What to do:
Using the listing below, print exactly everything from the line with "companions = record" down to the line with "n ↦ rw (n, Companions.read_result) refl", both included, and nothing more.

◆ ◆ ◆

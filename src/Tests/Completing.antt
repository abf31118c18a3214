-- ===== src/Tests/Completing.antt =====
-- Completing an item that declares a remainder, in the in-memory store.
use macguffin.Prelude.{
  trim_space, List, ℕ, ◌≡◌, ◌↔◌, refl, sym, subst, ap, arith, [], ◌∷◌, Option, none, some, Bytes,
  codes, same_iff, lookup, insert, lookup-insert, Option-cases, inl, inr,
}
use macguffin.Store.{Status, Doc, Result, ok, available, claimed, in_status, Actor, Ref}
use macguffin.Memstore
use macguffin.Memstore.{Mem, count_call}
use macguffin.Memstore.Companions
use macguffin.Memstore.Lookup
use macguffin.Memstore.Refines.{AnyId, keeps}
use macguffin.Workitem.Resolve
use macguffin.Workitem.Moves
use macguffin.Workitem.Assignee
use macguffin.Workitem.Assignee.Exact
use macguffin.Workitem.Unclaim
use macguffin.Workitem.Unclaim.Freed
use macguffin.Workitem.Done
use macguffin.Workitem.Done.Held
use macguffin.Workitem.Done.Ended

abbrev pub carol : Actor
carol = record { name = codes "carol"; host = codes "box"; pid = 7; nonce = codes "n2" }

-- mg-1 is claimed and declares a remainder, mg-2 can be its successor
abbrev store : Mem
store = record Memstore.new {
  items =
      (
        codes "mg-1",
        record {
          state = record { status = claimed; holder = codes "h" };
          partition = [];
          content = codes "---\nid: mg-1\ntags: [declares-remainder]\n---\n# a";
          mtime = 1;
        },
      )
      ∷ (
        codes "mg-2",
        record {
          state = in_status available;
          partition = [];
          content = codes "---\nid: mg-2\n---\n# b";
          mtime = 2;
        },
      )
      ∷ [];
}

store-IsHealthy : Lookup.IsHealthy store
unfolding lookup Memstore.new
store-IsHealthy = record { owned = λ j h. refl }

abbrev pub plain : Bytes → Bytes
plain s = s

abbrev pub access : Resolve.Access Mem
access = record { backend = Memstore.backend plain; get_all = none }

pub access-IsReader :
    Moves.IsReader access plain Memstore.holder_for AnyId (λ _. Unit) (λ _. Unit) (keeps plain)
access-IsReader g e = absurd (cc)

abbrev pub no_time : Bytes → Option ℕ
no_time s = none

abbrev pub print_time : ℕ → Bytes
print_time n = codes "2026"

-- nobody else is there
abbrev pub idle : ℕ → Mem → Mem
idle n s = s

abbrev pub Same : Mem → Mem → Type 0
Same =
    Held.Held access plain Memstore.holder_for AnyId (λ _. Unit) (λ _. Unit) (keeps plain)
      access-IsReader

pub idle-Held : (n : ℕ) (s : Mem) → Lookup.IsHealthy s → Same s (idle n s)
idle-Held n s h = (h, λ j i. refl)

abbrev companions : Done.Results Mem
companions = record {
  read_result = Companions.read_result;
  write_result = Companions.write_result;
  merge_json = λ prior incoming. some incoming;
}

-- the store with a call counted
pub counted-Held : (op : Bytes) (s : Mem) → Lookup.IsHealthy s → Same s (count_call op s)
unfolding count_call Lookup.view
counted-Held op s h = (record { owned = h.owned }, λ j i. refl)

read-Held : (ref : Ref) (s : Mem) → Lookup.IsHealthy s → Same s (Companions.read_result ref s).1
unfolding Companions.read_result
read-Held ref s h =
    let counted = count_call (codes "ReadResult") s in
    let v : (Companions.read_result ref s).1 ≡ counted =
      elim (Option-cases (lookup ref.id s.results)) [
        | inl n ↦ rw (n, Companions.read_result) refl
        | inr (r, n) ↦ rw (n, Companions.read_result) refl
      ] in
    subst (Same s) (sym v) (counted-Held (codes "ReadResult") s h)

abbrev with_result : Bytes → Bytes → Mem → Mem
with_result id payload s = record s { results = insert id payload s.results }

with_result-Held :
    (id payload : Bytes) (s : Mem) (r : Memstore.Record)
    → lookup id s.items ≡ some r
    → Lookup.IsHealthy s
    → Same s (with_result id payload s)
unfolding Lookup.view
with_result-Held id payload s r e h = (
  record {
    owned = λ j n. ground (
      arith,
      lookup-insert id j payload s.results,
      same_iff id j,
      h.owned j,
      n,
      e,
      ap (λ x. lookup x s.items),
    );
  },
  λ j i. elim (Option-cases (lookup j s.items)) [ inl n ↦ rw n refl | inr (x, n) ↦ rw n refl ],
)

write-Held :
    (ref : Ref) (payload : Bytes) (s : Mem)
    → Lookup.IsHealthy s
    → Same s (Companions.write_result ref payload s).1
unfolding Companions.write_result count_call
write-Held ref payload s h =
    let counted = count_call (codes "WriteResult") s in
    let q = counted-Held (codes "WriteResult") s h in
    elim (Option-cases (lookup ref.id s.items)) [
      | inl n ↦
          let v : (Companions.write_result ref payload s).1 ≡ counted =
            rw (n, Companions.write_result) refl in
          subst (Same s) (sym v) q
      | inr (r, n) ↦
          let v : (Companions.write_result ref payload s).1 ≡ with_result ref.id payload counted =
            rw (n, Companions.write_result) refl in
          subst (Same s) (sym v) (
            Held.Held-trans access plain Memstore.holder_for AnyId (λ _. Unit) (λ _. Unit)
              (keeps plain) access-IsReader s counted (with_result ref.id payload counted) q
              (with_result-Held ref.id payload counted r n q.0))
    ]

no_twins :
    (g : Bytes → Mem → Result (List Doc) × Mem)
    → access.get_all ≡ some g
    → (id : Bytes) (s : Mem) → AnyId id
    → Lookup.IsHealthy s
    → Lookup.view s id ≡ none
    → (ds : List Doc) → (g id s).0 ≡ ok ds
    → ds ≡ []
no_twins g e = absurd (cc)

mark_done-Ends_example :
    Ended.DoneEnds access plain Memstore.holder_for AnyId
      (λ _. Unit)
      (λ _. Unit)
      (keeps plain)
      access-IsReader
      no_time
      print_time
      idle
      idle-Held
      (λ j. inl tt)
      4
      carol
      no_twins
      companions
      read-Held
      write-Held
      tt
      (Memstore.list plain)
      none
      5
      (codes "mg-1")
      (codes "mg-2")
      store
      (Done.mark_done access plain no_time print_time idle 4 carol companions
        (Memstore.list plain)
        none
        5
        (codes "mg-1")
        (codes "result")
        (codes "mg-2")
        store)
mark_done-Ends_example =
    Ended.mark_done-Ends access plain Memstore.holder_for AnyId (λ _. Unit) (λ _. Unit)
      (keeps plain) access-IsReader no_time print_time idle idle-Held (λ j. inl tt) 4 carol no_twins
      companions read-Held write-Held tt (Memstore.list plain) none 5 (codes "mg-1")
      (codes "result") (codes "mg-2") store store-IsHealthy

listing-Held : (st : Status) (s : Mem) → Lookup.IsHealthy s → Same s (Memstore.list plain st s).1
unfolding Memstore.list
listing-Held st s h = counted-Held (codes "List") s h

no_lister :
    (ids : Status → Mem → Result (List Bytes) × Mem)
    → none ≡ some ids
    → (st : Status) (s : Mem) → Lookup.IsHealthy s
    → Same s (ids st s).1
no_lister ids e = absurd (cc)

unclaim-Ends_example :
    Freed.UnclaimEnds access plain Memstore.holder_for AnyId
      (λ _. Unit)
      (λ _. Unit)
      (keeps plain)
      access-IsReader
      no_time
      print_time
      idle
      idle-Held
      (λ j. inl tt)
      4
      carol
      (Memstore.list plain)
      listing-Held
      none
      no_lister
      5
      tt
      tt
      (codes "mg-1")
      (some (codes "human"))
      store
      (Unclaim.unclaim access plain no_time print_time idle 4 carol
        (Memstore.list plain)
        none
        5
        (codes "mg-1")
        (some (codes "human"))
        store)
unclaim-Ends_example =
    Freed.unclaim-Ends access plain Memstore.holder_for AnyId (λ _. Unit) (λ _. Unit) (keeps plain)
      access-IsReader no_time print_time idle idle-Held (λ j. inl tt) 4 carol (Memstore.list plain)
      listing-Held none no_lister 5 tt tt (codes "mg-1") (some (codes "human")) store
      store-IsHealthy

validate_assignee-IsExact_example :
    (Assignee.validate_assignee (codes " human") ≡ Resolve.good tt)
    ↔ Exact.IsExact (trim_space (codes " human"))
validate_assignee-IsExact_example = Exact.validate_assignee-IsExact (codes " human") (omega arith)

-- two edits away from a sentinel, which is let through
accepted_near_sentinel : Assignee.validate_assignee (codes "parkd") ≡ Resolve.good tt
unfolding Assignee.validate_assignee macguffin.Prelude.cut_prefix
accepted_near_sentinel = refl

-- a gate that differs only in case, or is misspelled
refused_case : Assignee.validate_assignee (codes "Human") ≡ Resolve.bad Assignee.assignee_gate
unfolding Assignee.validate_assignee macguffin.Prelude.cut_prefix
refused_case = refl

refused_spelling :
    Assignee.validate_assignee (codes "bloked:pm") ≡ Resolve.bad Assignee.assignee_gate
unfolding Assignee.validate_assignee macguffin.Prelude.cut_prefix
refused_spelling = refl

◆ ◆ ◆

Task answer:
companions = record {
  read_result = Companions.read_result;
  write_result = Companions.write_result;
  merge_json = λ prior incoming. some incoming;
}

-- the store with a call counted
pub counted-Held : (op : Bytes) (s : Mem) → Lookup.IsHealthy s → Same s (count_call op s)
unfolding count_call Lookup.view
counted-Held op s h = (record { owned = h.owned }, λ j i. refl)

read-Held : (ref : Ref) (s : Mem) → Lookup.IsHealthy s → Same s (Companions.read_result ref s).1
unfolding Companions.read_result
read-Held ref s h =
    let counted = count_call (codes "ReadResult") s in
    let v : (Companions.read_result ref s).1 ≡ counted =
      elim (Option-cases (lookup ref.id s.results)) [
        | inl n ↦ rw (n, Companions.read_result) refl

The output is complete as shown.